Experimental results demonstrate the effectiveness of BitNet v2:
- BitNet v2 trained with 8-bit activations (BitNet v2 (a8)) achieves performance comparable to or slightly better than BitNet b1.58 (W1.58A8), indicating that the insertion of the Hadamard transformation is not detrimental.
- The 4-bit activation variant (BitNet v2 (a4)), obtained after continue-training, shows minimal performance degradation compared to its 8-bit counterpart and performs comparably to BitNet a4.8 (W1.58A4/A8 hybrid with sparsification) on perplexity and downstream tasks. Crucially, BitNet v2 (a4) uses dense 4-bit computations, making it more efficient for batched inference on hardware supporting native 4-bit operations compared to methods involving sparsification.
- BitNet v2 (a4) significantly outperforms post-training quantization methods like SpinQuant and QuaRot when applied to BitNet b1.58 to achieve W1.58A4.

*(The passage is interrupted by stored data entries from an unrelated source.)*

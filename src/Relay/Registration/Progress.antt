-- ===== src/Relay/Registration/Progress.antt =====
-- A registration goes out where the Agent is enrolled and the relay server answers.
use pbxpulse_agent.Prelude.{
  ℕ, String, ◌≡◌, refl, ◌∙◌, true, false, not, List, [], ◌∷◌, arith, is_truthy, or_else, strip,
  take_text,
}
use pbxpulse_agent.Json.{Fields, end}
use pbxpulse_agent.Relay.State.{RelayState, OutboxItem, Reply}
use pbxpulse_agent.Relay.Outbox.{queue, flush}
use pbxpulse_agent.Relay.Publish.{ensure_enrolled}
use pbxpulse_agent.Relay.Order.{stops, Waits, flush-Split}
use pbxpulse_agent.Relay.Requests.{agent_path, post}
use pbxpulse_agent.Relay.Registration.{
  Registration, Registered, deliver, device_is_listed, is_listed, register_device,
}
use pbxpulse_agent.Relay.Registration.Waiting.{queued_state, register_device_lem}

module _ {W : Type 0} (post : W → OutboxItem → W × Reply) (at : ℕ)
    (goes_on : (w : W) (item : OutboxItem) → stops (post w item).1 ≡ false) where
  Waits-empty : (left : List OutboxItem) → Waits post left → left ≡ []
  Waits-empty [] waits = refl
  Waits-empty (item ∷ rest) (w, e) = absurd (ground (arith, goes_on w item))

  -- Where no reply leaves an item waiting, a flush empties the outbox.
  pub flush-empty : (w : W) (s : RelayState) → (flush post at w s).1.outbox ≡ []
  flush-empty w s =
      let (sent, e, gone, waits) = flush-Split post at w s in
      Waits-empty (flush post at w s).1.outbox waits

module _ {W : Type 0} (request : W → String → Fields → W × Reply) (hash : String → String)
    (url : String) where
  post_goes_on :
      (agent_id : String)
      → ((w : W) (path : String) (body : Fields) → stops (request w path body).1 ≡ false)
      → (w : W) (item : OutboxItem) → stops (post request agent_id w item).1 ≡ false
  unfolding post
  post_goes_on agent_id goes_on w item = goes_on w (agent_path agent_id item.kind) item.payload

  -- The world before the list of devices is asked for, and what follows from its answer.
  abbrev pub Listed : Registration → W × RelayState × Registered → W → Type 0
  Listed r (w1, t, o) w =
      let answer = request w (agent_path t.agent_id "devices/list") end in
      let id = or_else (strip r.relay_device_id) (take_text 12 (hash (strip r.fcm_token))) in
      (w1 ≡ answer.0) × (o.delivered ≡ is_listed id answer.1)

  abbrev Sent : Registration → W × RelayState × Registered → Type 0
  Sent r (w1, t, o) =
      (t.outbox ≡ [])
      × (o.configured ≡ true)
      × (o.queued ≡ not o.delivered)
      × (w : W) × Listed r (w1, t, o) w

  deliver-Sent :
      (r : Registration) (at : ℕ) (w : W) (s : RelayState)
      → ((w' : W) (path : String) (body : Fields) → stops (request w' path body).1 ≡ false)
      → is_truthy url ≡ true
      → is_truthy s.agent_id ≡ true
      → Sent r (deliver request hash url r at w s)
  unfolding deliver ensure_enrolled device_is_listed
  deliver-Sent r at w s goes_on u a =
      let sent = flush-empty (post request s.agent_id) at (post_goes_on s.agent_id goes_on) w s in
      let asked = (flush (post request s.agent_id) at w s).0 in
      rw (u, a, sent) (ground (arith, sent), refl, refl, asked, (refl, refl))

  queued-agent_id :
      (r : Registration) (s : RelayState)
      → is_truthy (queued_state request hash url r s).agent_id ≡ is_truthy s.agent_id
  unfolding queue
  queued-agent_id r s = refl

  -- Where the Agent is enrolled and no reply of the relay server asks for another attempt, a
  -- registration with a token leaves the outbox empty, and is reported as delivered if the relay
  -- server's answer to the last request, for the list of devices, lists the device's id, and else as
  -- queued.
  pub register_device-Sent :
      (r : Registration) (at : ℕ) (w : W) (s : RelayState)
      → ((w' : W) (path : String) (body : Fields) → stops (request w' path body).1 ≡ false)
      → is_truthy url ≡ true
      → is_truthy s.agent_id ≡ true
      → is_truthy (strip r.fcm_token) ≡ true
      → ((register_device request hash url r at w s).1.outbox ≡ [])
        × ((register_device request hash url r at w s).2.configured ≡ true)
        × ((register_device request hash url r at w s).2.queued
            ≡ not (register_device request hash url r at w s).2.delivered)
        × (w' : W) × Listed r (register_device request hash url r at w s) w'
  register_device-Sent r at w s goes_on u a h =
      rw (register_device_lem request hash url r at w s h) (
        deliver-Sent r at w (queued_state request hash url r s) goes_on u (queued-agent_id r s ∙ a))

- Ablation studies confirm that the Hadamard transformation is necessary for stable training with low-bit activations for intermediate states and that applying it only to activations is sufficient.
- The QKV cache states can also be quantized to 3-bit or 4-bit in BitNet v2 with marginal performance impact.
In summary, BitNet v2 provides a practical architecture and training methodology to realize the efficiency benefits of 4-bit activations in 1-bit LLMs by incorporating a Hadamard transformation layer to condition intermediate state distributions for low-bit quantization. This enables significant memory and computational savings, particularly for batched inference on modern hardware.